Businesses, and governments could and did lay off people without cause, without notice, without reference, without pension, and without severance. Vacation pay and sick days did not exist. Those are the obvious factors that are different in comparisons.

Government workers lacked secure jobs. When tax revenues dried up governments simply stopped funding. People were laid off summarily with little or no warning from companies and governments. All these facets we rather take for granted today. But all of these factors exist today. All these socialist liberal ideas manage to cushion the advent of economic downturns.

Another large difference is in the actual social structure beyond the family farm of the past. In that world, a single income on the farm or in the city could pay for family food, housing, needs, and school. Women contributed to economy by homework. Working at home was far more difficult than today. Clothes washing was largely by hand. Vacuum cleaners did not really exist. Electrical power did not go into every home. In short, it was a totally different world on the individual level.
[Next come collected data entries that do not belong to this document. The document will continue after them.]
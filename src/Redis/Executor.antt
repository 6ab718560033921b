-- ===== src/Redis/Executor.antt =====
-- `RedisCommandExecutor` of crates/redis-web-runtime/src/executor.rs: a command is executed on a
-- connection of its database's pool.
use redis_web.Prelude.{
  ℕ, some, List, Result, ok, err, ◌≡◌, refl, ◌⊎◌, inl, inr, arith, ==_refl, Result-cases,
}
use redis_web.Text.{Bytes}
use redis_web.Resp.Reply.{Value}
use redis_web.Request.{ExecutableCommand}
use redis_web.Handler.Process.{service_unavailable, execution_failed, Execution}
use redis_web.Redis.Pools.{
  RedisPool, CreatePoolError, find_pool, or_insert, DatabasePoolRegistry, Pooling, Pooled,
  store_pool, pool_for_database,
}
use redis_web.Redis.Sharing.{bound_pool, IsWell}
use redis_web.Redis.Keeping.{pool_for_database-keeps}

-- The backend: a pool's `get`, which may fail, the query on a connection, which changes the backend's
-- state, and the texts of their errors.
pub record Server : Type 1 where
  pub Conn : Type 0
  pub S : Type 0
  pub get : RedisPool → S → Result Bytes Conn × S
  pub query : Conn → Bytes → List Bytes → S → Result Bytes Value × S
  pub pool_error_text : CreatePoolError → Bytes

-- What a call gives is the answer for the database from then on.
pool_for_database_answer :
    (pooling : Pooling) (d : ℕ) (r : DatabasePoolRegistry) (p : RedisPool)
    → (pool_for_database pooling d r).0 ≡ ok p
    → bound_pool (pool_for_database pooling d r).1 d ≡ some p
unfolding pool_for_database bound_pool store_pool or_insert find_pool
pool_for_database_answer pooling d r p h = ground (arith, ==_refl d)

module _ (pooling : Pooling) (server : Server) where
  open server use {Conn, S, get, query, pool_error_text}

  abbrev queried : Result Bytes Value → Execution
  queried (ok value) = ok value
  queried (err message) = err (execution_failed message)

  abbrev run_on : Result Bytes Conn → ExecutableCommand → S → Execution × S
  run_on (err message) request s = (err (service_unavailable message), s)
  run_on (ok connection) request s =
      let (result, s') = query connection request.command_name request.args s in
      (queried result, s')

  abbrev execute_on : Pooled → ExecutableCommand → S → Execution × S
  execute_on (err e) request s = (err (service_unavailable (pool_error_text e)), s)
  execute_on (ok pool) request s = let (connection, s') = get pool s in run_on connection request s'

  unfoldable pub execute :
      ExecutableCommand → DatabasePoolRegistry → S → Execution × (DatabasePoolRegistry × S)
  execute request r s =
      let (pool, r') = pool_for_database pooling request.target_database r in
      let (result, s') = execute_on pool request s in (result, (r', s'))

  -- what the result of a query is told as
  abbrev pub Tells : Result Bytes Value → Execution → Type 0
  Tells (ok value) result = result ≡ ok value
  Tells (err message) result = result ≡ err (execution_failed message)

  queried-Tells : (r : Result Bytes Value) → Tells r (queried r)
  queried-Tells (ok value) = refl
  queried-Tells (err message) = refl

  -- The three ways in which a command ends, over a registry whose pools are for their own databases:
  -- no pool for its database, no connection in the pool, or the query's result. The first leaves the
  -- server as it was; the second asks for a connection and does nothing else; in the third the command
  -- is sent once, with its name and arguments, on a connection of the pool that the registry then holds
  -- for the command's database, a pool made for that database, and only there can it fail to execute.
  -- The other two are reported as a service that is unavailable.
  pub execute_outcomes :
      (request : ExecutableCommand) (r : DatabasePoolRegistry) (s : S)
      → IsWell r
      → ((e : CreatePoolError) × (((pool_for_database pooling request.target_database r).0 ≡ err e)
            × (execute request r s
                ≡ (err (service_unavailable (pool_error_text e)), ((execute request r s).1.0, s)))))
        ⊎ (((pool : RedisPool) × ((message : Bytes) × ((((pool_for_database pooling
                        request.target_database r).0
                      ≡ ok pool)
                    × ((get pool s).0 ≡ err message))
                  × (execute request r s ≡ (
                    err (service_unavailable message),
                    ((execute request r s).1.0, (get pool s).1),
                  )))))
            ⊎ ((pool : RedisPool) × ((connection : Conn) × (((bound_pool
                          (execute request r s).1.0
                          request.target_database
                        ≡ some pool)
                      × (pool.database ≡ request.target_database))
                    × (((get pool s).0 ≡ ok connection)
                        × (Tells
                              (query connection request.command_name request.args (get pool s).1).0
                              (execute request r s).0
                            × ((execute request r s).1.1
                                ≡ (query connection request.command_name request.args
                                    (get pool s).1).1)))))))
  unfolding execute
  execute_outcomes request r s well =
      elim (Result-cases (pool_for_database pooling request.target_database r).0) [
        | inl (e, h) ↦ inl (e, (h, rw (h) refl))
        | inr (p, h) ↦ elim (Result-cases (get p s).0) [
          | inl (m, g) ↦ inr (inl (p, (m, ((h, g), rw (h, g) refl))))
          | inr (c, g) ↦
              let holds = pool_for_database_answer pooling request.target_database r p h in
              inr (
                inr (
                  p,
                  (
                    c,
                    (
                      (
                        holds,
                        (pool_for_database-keeps pooling request.target_database r well).0
                            request.target_database p holds,
                      ),
                      (g, (rw (h, g) (queried-Tells _), rw (h, g) refl)),
                    ),
                  ),
                ))
        ]
      ]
Today the highlight of the modern family is the dual income. Indeed, in today's world two incomes are a necessity to maintain the modern lifestyle. Women are a major part of the workforce. Layoffs while debilitating for incomes, does not mean instant disaster. Often one spouse is not laid off. While job loss is debilitating, it is not the complete long term disaster than it once was.

The trick to social support is to provide adequate bridge funding and transition training while the economy restabilizes and work or career opportunities re-open. This never existed in the 1930s. And most of these programs exist everywhere globally in the developed world and to some degree in the emerging economies.

As discussed the tools exist today to cope with economic downturns. The culture of today versus the culture a century ago, there lies a large gaping difference. Unless there is a global drought, a successful economic recuperation remains likely without the great social damage as seen in the 1930s.